Records from a collection:

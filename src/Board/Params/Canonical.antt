-- ===== src/Board/Params/Canonical.antt =====
-- lib/params.ts: `parseParams` after `href`. The text of a query is its pairs, which a page is given as they are.
use Prim.Native.String.{String}
use job_dashboard.Prelude.{
  str_eq, ◌≡◌, refl, ap, ◌∙◌, Bool, true, false, not, ◌&&◌, ◌||◌, Option, none, some, List, [], ◌∷◌,
  if◌then◌else◌, is_some, holds, arith,
}
use job_dashboard.Board.Chips.{Group, type, pay, mode, season, level}
use job_dashboard.Board.Params.Reading.{
  tab_of, basis_of, badge_of, job_of, page_of, explicit, nonempty, has_filters, read_params,
  parse_params, listed, tab_slot, mark_slot, basis_slot, job_slot, page_slot, slots, present, query,
  is_present,
}
use job_dashboard.Board.Params.{
  Numbers, Params, Value, absent, text, value_of, Raw, short, first, collect, pick, pick_all,
  posted_windows, vocab,
}
use job_dashboard.Board.Params.Sets.{pick_all_again}
use job_dashboard.Board.Params.Fields.{
  first-value_of, collect-value_of, RoundTrips, tab-tab_slot, basis_again, badge_again,
  posted_again, job_again, page_again,
}

-- What a page is given for a key: its text in the query.
pub found : String → List (String × String) → Value
found key [] = absent
found key ((k, v) ∷ rest) = if str_eq k key then text v else found key rest

abbrev pub group_key : Group → String
group_key type = "type"
group_key pay = "pay"
group_key mode = "mode"
group_key season = "season"
group_key level = "level"

unfoldable pub given : List (String × String) → Raw
given pairs = record {
  tab = found "tab" pairs;
  basis = found "basis" pairs;
  posted = found "posted" pairs;
  group = λ group. found (group_key group) pairs;
  badge = found "badge" pairs;
  job = found "job" pairs;
  page = found "page" pairs;
  filters = found "filters" pairs;
}

abbrev over : Option String → Value → Value
over none rest = rest
over (some s) rest = text s

abbrev seek : String → List (String × Option String) → Value
seek key [] = absent
seek key ((k, o) ∷ rest) = if str_eq k key then over o (seek key rest) else seek key rest

found-present :
    (key : String) (l : List (String × Option String)) → found key (present l) ≡ seek key l
unfolding found present
found-present key [] = refl
found-present key ((k, none) ∷ rest) = ground (arith, found-present key rest)
found-present key ((k, some v) ∷ rest) = ground (arith, found-present key rest)

over_absent : (o : Option String) → over o absent ≡ value_of o
over_absent none = refl
over_absent (some s) = refl

-- Each field is read again from what is written of it.
pub record IsCanonical (numbers : Numbers) (p : Params) : Type 0 where
  pub basis_kept : basis_of p.tab (basis_slot p.basis) ≡ p.basis
  pub posted_kept : pick (short p.posted) posted_windows ≡ p.posted
  pub type_kept : pick_all (short (listed p.type_set)) (vocab p.tab type p.basis) ≡ p.type_set
  pub pay_kept : pick_all (short (listed p.pay_set)) (vocab p.tab pay p.basis) ≡ p.pay_set
  pub mode_kept : pick_all (short (listed p.mode_set)) (vocab p.tab mode p.basis) ≡ p.mode_set
  pub season_kept :
      pick_all (short (listed p.season_set)) (vocab p.tab season p.basis) ≡ p.season_set
  pub level_kept : pick_all (short (listed p.level_set)) (vocab p.tab level p.basis) ≡ p.level_set
  pub badge_kept : badge_of p.badge ≡ p.badge
  pub job_kept : job_of numbers (job_slot numbers p.job) ≡ p.job
  pub page_kept : page_of numbers (page_slot numbers p.page) ≡ p.page
  pub mark_kept : p.unfiltered && not (has_filters p) ≡ p.unfiltered

and_twice : (a b : Bool) → a && b && b ≡ a && b
and_twice true true = refl
and_twice true false = refl
and_twice false b = refl

module _ (numbers : Numbers) (trips : RoundTrips numbers) (raw : Raw) where
  pub parse_params-IsCanonical : IsCanonical numbers (parse_params numbers raw)
  unfolding parse_params read_params has_filters
  parse_params-IsCanonical =
      let tab = tab_of (first raw.tab) in
      let basis = basis_of tab (first raw.basis) in
      let set =
        λ (group : Group). pick_all_again (short (collect (raw.group group))) tab group basis in
      record {
        basis_kept = basis_again tab (first raw.basis);
        posted_kept = posted_again (short (first raw.posted));
        type_kept = set type;
        pay_kept = set pay;
        mode_kept = set mode;
        season_kept = set season;
        level_kept = set level;
        badge_kept = badge_again (first raw.badge);
        job_kept = job_again numbers trips (first raw.job);
        page_kept = page_again numbers trips (first raw.page);
        mark_kept = and_twice (explicit raw) (not (has_filters (read_params numbers raw)));
      }

is_present-value_of : (o : Option String) → is_present (value_of o) ≡ is_some o
is_present-value_of none = refl
is_present-value_of (some s) = refl

is_some-listed : (s : List String) → is_some (listed s) ≡ nonempty s
is_some-listed [] = refl
is_some-listed (w ∷ rest) = refl

all-mark_slot : (m : Bool) → holds (λ s. str_eq s "all") (mark_slot m) ≡ m
all-mark_slot true = refl
all-mark_slot false = refl

module _ (numbers : Numbers) (p : Params) where
  seen_value :
      (key : String) (o : Option String)
      → seek key (slots numbers p) ≡ over o absent
      → found key (query numbers p) ≡ value_of o
  unfolding query
  seen_value key o e = found-present key (slots numbers p) ∙ e ∙ over_absent o

  seen_first :
      (key : String) (o : Option String)
      → seek key (slots numbers p) ≡ over o absent
      → first (found key (query numbers p)) ≡ o
  seen_first key o e = ap first (seen_value key o e) ∙ first-value_of o

  seen_set :
      (key : String) (s : List String)
      → seek key (slots numbers p) ≡ over (listed s) absent
      → collect (found key (query numbers p)) ≡ listed s
  seen_set key s e = ap collect (seen_value key (listed s) e) ∙ collect-value_of (listed s)

  seen_present :
      (key : String) (o : Option String)
      → seek key (slots numbers p) ≡ over o absent
      → is_present (found key (query numbers p)) ≡ is_some o
  seen_present key o e = ap is_present (seen_value key o e) ∙ is_present-value_of o

  seen_nonempty :
      (key : String) (s : List String)
      → seek key (slots numbers p) ≡ over (listed s) absent
      → is_present (found key (query numbers p)) ≡ nonempty s
  seen_nonempty key s e = seen_present key (listed s) e ∙ is_some-listed s

  explicit_seen :
      explicit (given (query numbers p))
      ≡ (p.unfiltered && not (has_filters p))
        || is_some p.posted
        || nonempty p.type_set
        || nonempty p.pay_set
        || nonempty p.mode_set
        || nonempty p.season_set
        || nonempty p.level_set
        || is_some p.badge
  unfolding explicit given slots
  explicit_seen =
      let mark = p.unfiltered && not (has_filters p) in
      rw (
        ap (holds (λ s. str_eq s "all")) (seen_first "filters" (mark_slot mark) refl)
            ∙ all-mark_slot mark,
        seen_present "posted" p.posted refl,
        seen_nonempty "type" p.type_set refl,
        seen_nonempty "pay" p.pay_set refl,
        seen_nonempty "mode" p.mode_set refl,
        seen_nonempty "season" p.season_set refl,
        seen_nonempty "level" p.level_set refl,
        seen_present "badge" p.badge refl,
      )

  module _ (canon : IsCanonical numbers p) where
    read_again : read_params numbers (given (query numbers p)) ≡ record p { unfiltered = false }
    unfolding read_params given slots
    read_again = rw (
      seen_first "tab" (tab_slot p.tab) refl,
      tab-tab_slot p.tab,
      seen_first "basis" (basis_slot p.basis) refl,
      canon.basis_kept,
      seen_first "posted" p.posted refl,
      canon.posted_kept,
      seen_set "type" p.type_set refl,
      canon.type_kept,
      seen_set "pay" p.pay_set refl,
      canon.pay_kept,
      seen_set "mode" p.mode_set refl,
      canon.mode_kept,
      seen_set "season" p.season_set refl,
      canon.season_kept,
      seen_set "level" p.level_set refl,
      canon.level_kept,
      seen_first "badge" p.badge refl,
      canon.badge_kept,
      seen_first "job" (job_slot numbers p.job) refl,
      canon.job_kept,
      seen_first "page" (page_slot numbers p.page) refl,
      canon.page_kept,
    )

    mark_again : explicit (given (query numbers p)) && not (has_filters p) ≡ p.unfiltered
    unfolding has_filters
    mark_again = ground (arith, explicit_seen, canon.mark_kept)

    parse-query_canonical : parse_params numbers (given (query numbers p)) ≡ p
    unfolding parse_params has_filters
    parse-query_canonical =
        rw read_again
          (ap (λ (mark : Bool). record p { unfiltered = mark }) (unfold has_filters in mark_again))

-- What `parseParams` made of any parameters comes back whole from the query that `href` writes of it, where `String` and
-- `Number` agree on the numbers up to the largest safe integer and `Number("")` is 0.
pub parse-query :
    (numbers : Numbers) (raw : Raw)
    → RoundTrips numbers
    → parse_params numbers (given (query numbers (parse_params numbers raw)))
      ≡ parse_params numbers raw
parse-query numbers raw trips =
    parse-query_canonical numbers (parse_params numbers raw)
      (parse_params-IsCanonical numbers trips raw)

__Exercise prompt__:
Lines above with the string "vocab" need to be found and copied.

__Written response__:
  posted_windows, vocab,
  pub type_kept : pick_all (short (listed p.type_set)) (vocab p.tab type p.basis) ≡ p.type_set
  pub pay_kept : pick_all (short (listed p.pay_set)) (vocab p.tab pay p.basis) ≡ p.pay_set
  pub mode_kept : pick_all (short (listed p.mode_set)) (vocab p.tab mode p.basis) ≡ p.mode_set
      pick_all (short (listed p.season_set)) (vocab p.tab season p.basis) ≡ p.season_set
  pub level_kept : pick_all (short (listed p.level_set)) (vocab p.tab level p.basis) ≡ p.level_set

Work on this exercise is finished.